INPUT DATA.
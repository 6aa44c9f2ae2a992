-- ===== src/Maps/Scan/Expiry.antt =====
-- Which blocks the clean-up removes (src/control_plane/map_manager.go, CleanExpiredBlacklist).
use mathlib.Core.Option.{some-injective}
use shield_core.Prelude.{
  ℕ, ◌+◌, ◌^◌, ◌<◌, ◌⊎◌, ◌≡◌, ◌≢◌, ltb, refl, ap, sym, ◌∙◌, Bool, true, false, ◌&&◌, ◌||◌, Option,
  none, some, List, [], ◌∷◌, ◌++◌, All, if◌then◌else◌, arith, Option-cases, Bool-cases, inl, inr,
}
use shield_core.Net.Lpm.{LpmTrieKey}
use shield_core.Kernel.{Kernel, IsMap, key_eq, yields, delete_or_keep}
use shield_core.Kernel.Deletes.{delete_or_keep_lem}
use shield_core.Maps.{MapManager}
use shield_core.Maps.Cidr.{iterate_error}
use shield_core.Maps.Cidr.Laws.{blocked_at, allowed_at}
use shield_core.Maps.Scan.{is_expired, clean_loop, clean_expired_blacklist}

pub iterate_error_some : (K : Kernel) (b : Bool) → b ≡ false → iterate_error K b ≢ none
unfolding iterate_error
iterate_error_some K true h = absurd (ground arith)
iterate_error_some K false h = λ e. cc

-- Whether some pair of the list is an expired block of the key.
expires : ℕ → ℕ → List (LpmTrieKey × ℕ) → LpmTrieKey → Bool
expires now ttl [] j = false
expires now ttl (p ∷ l) j = key_eq p.0 j && is_expired now ttl p.1 || expires now ttl l j

abbrev pub keep_fresh : ℕ → ℕ → Option ℕ → Option ℕ
keep_fresh now ttl none = none
keep_fresh now ttl (some val) = if is_expired now ttl val then none else some val

module _ (K : Kernel) (now ttl : ℕ) where
  -- The trie refuses to delete an expired block of the key, as it is when the clean-up has come
  -- to it.
  abbrev pub Refuses : List (LpmTrieKey × ℕ) → MapManager K → LpmTrieKey → Type 0
  Refuses l m j =
      (xs : List (LpmTrieKey × ℕ)) × (p : LpmTrieKey × ℕ) × (ys : List (LpmTrieKey × ℕ)) × (l
        ≡ xs ++ p ∷ ys)
      × (p.0 ≡ j)
      × (is_expired now ttl p.1 ≡ true)
      × (K.lpm.delete p.0 (clean_loop K now ttl xs m).0.cidr_blacklist ≡ none)

  -- What is behind the first pair.
  Refuses-later :
      (p : LpmTrieKey × ℕ) (l : List (LpmTrieKey × ℕ)) (m m1 : MapManager K) (j : LpmTrieKey)
      → (if is_expired now ttl p.1
          then record m { cidr_blacklist = delete_or_keep K.lpm p.0 m.cidr_blacklist }
          else m)
        ≡ m1
      → Refuses l m1 j
      → Refuses (p ∷ l) m j
  unfolding clean_loop
  Refuses-later p l m m1 j h (xs, q, ys, e, same, old, f) =
      (p ∷ xs, q, ys, ap (λ k. p ∷ k) e, same, old, rw h f)

module _ (K : Kernel) (L : IsMap key_eq K.lpm) (now ttl : ℕ) where
  clean_loop_blocked :
      (l : List (LpmTrieKey × ℕ)) (m : MapManager K) (j : LpmTrieKey)
      → (blocked_at K (clean_loop K now ttl l m).0 j
          ≡ (if expires now ttl l j then none else blocked_at K m j))
        ⊎ (Refuses K now ttl l m j
            × (blocked_at K (clean_loop K now ttl l m).0 j ≡ blocked_at K m j))
  unfolding clean_loop expires
  clean_loop_blocked [] m j = inl refl
  clean_loop_blocked (p ∷ l) m j = elim (Bool-cases (is_expired now ttl p.1)) [
    | inl e ↦
        let m1 : MapManager K = record m {
          cidr_blacklist = delete_or_keep K.lpm p.0 m.cidr_blacklist;
        } in
        elim (delete_or_keep_lem K.lpm L p.0 m.cidr_blacklist) [
          | inl gone ↦ elim (clean_loop_blocked l m1 j) [
            | inl h ↦ inl (ground (arith, e, h, gone j))
            | inr (r, h) ↦ elim (Bool-cases (key_eq p.0 j)) [
              | inl y ↦ inl (ground (arith, e, h, gone j, y))
              | inr n ↦ inr (
                Refuses-later K now ttl p l m m1 j (rw e refl) r,
                ground (arith, e, h, gone j, n),
              )
            ]
          ]
          | inr (f, kept) ↦ elim (clean_loop_blocked l m1 j) [
            | inr (r, h) ↦ inr (
              Refuses-later K now ttl p l m m1 j (rw e refl) r,
              rw e (h ∙ ap (λ s. K.lpm.lookup j s) kept),
            )
            | inl h ↦ elim (Bool-cases (key_eq p.0 j)) [
              | inr n ↦ inl (ground (arith, e, h, kept, n))
              | inl y ↦ elim (Bool-cases (expires now ttl l j)) [
                | inl x ↦ inl (ground (arith, e, h, x))
                | inr x ↦
                    inr (([], p, l, refl, L.eq_sound p.0 j y, e, f), ground (arith, e, h, x, kept))
              ]
            ]
          ]
        ]
    | inr e ↦ elim (clean_loop_blocked l m j) [
      | inl h ↦ inl (ground (arith, e, h))
      | inr (r, h) ↦ inr (Refuses-later K now ttl p l m m j (rw e refl) r, ground (arith, e, h))
    ]
  ]

  expires_of_sound :
      (l : List (LpmTrieKey × ℕ)) (s : K.lpm.Store) (j : LpmTrieKey) (v : ℕ)
      → All (λ p. K.lpm.lookup p.0 s ≡ some p.1) l
      → K.lpm.lookup j s ≡ some v
      → expires now ttl l j ≡ (yields key_eq j l && is_expired now ttl v)
  unfolding expires
  expires_of_sound [] s j v h e = refl
  expires_of_sound (p ∷ l) s j v h e = elim (Bool-cases (key_eq p.0 j)) [
    | inl same ↦
        let one : p.1 ≡ v =
          some-injective p.1 v (sym h.0 ∙ ap (λ i. K.lpm.lookup i s) (L.eq_sound p.0 j same) ∙ e) in
        ground (arith, ap (is_expired now ttl) one, expires_of_sound l s j v h.1 e)
    | inr differ ↦ ground (arith, expires_of_sound l s j v h.1 e)
  ]

  expires_missing :
      (l : List (LpmTrieKey × ℕ)) (m : MapManager K) (j : LpmTrieKey)
      → blocked_at K m j ≡ none
      → blocked_at K (clean_loop K now ttl l m).0 j ≡ none
  expires_missing l m j e = elim (clean_loop_blocked l m j) [
    | inl h ↦ h ∙ rw e (ground arith)
    | inr (r, h) ↦ h ∙ e
  ]

  clean_loop_allowed :
      (l : List (LpmTrieKey × ℕ)) (m : MapManager K)
      → (clean_loop K now ttl l m).0.cidr_whitelist ≡ m.cidr_whitelist
  unfolding clean_loop
  clean_loop_allowed [] m = refl
  clean_loop_allowed (p ∷ l) m = elim (Bool-cases (is_expired now ttl p.1)) [
    | inl e ↦ ground (
      arith,
      clean_loop_allowed l
          (record m { cidr_blacklist = delete_or_keep K.lpm p.0 m.cidr_blacklist }),
    )
    | inr e ↦ ground (arith, clean_loop_allowed l m)
  ]

  -- After a clean-up each key of the blacklist holds the block that it held before where that has
  -- not expired, and nothing otherwise; unless the iteration ended in an error, or the trie refused
  -- to delete an expired block of that key: then it may hold what it held before. No whitelist
  -- entry is touched.
  pub clean_expired_blacklist_exact :
      (m : MapManager K)
      → let (m', out, e) = clean_expired_blacklist K now ttl m in
        ((j : LpmTrieKey)
          → (blocked_at K m' j ≡ keep_fresh now ttl (blocked_at K m j))
            ⊎ (((e ≢ none) ⊎ Refuses K now ttl (K.lpm.iterate m.cidr_blacklist).0 m j)
                × (blocked_at K m' j ≡ blocked_at K m j)))
        × ((j : LpmTrieKey) → allowed_at K m' j ≡ allowed_at K m j)
  unfolding clean_expired_blacklist
  clean_expired_blacklist_exact m =
      let (l, done) = K.lpm.iterate m.cidr_blacklist in
      let sound = L.iterate_sound m.cidr_blacklist in
      (
        λ j. elim (Option-cases (blocked_at K m j)) [
          | inl n ↦ inl (rw (expires_missing l m j n, n))
          | inr (v, h) ↦
              let hit = expires_of_sound l m.cidr_blacklist j v sound h in
              elim (clean_loop_blocked l m j) [
                | inr (refused, same) ↦ inr (inr refused, same)
                | inl cleaned ↦ elim (Bool-cases done) [
                  | inl e ↦ inl (
                      rw (cleaned, hit, L.iterate_complete m.cidr_blacklist j v e h, h)
                        (ground arith))
                  | inr e ↦ elim (Bool-cases (expires now ttl l j)) [
                    | inl x ↦ inl (ground (arith, cleaned, hit, h, x))
                    | inr x ↦ inr (inl (iterate_error_some K done e), ground (arith, cleaned, x))
                  ]
                ]
              ]
        ],
        λ j. ap (λ s. K.lpm.lookup j s) (clean_loop_allowed l m),
      )

-- For times in 64 bits a block has expired exactly if it is older than its life; a block dated
-- after the present, as after the clock was set back, counts as expired too, unless the life is
-- close to 2^64 seconds.
pub is_expired_exact :
    (now ttl val : ℕ)
    → now < 2 ^ 64
    → val < 2 ^ 64
    → is_expired now ttl val
      ≡ (ltb 1 val && (ltb (val + ttl) now || (ltb now val && ltb (ttl + val) (now + 2 ^ 64))))
unfolding is_expired
is_expired_exact now ttl val h k = ground arith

YOUR INSTRUCTIONS. What is needed is an exact copy of the lines above, from the one containing "expires_of_sound (p ∷" through the one containing "some-injective p.1 v", with nothing added.

RESULT OF THE EXERCISE.
  expires_of_sound (p ∷ l) s j v h e = elim (Bool-cases (key_eq p.0 j)) [
    | inl same ↦
        let one : p.1 ≡ v =
          some-injective p.1 v (sym h.0 ∙ ap (λ i. K.lpm.lookup i s) (L.eq_sound p.0 j same) ∙ e) in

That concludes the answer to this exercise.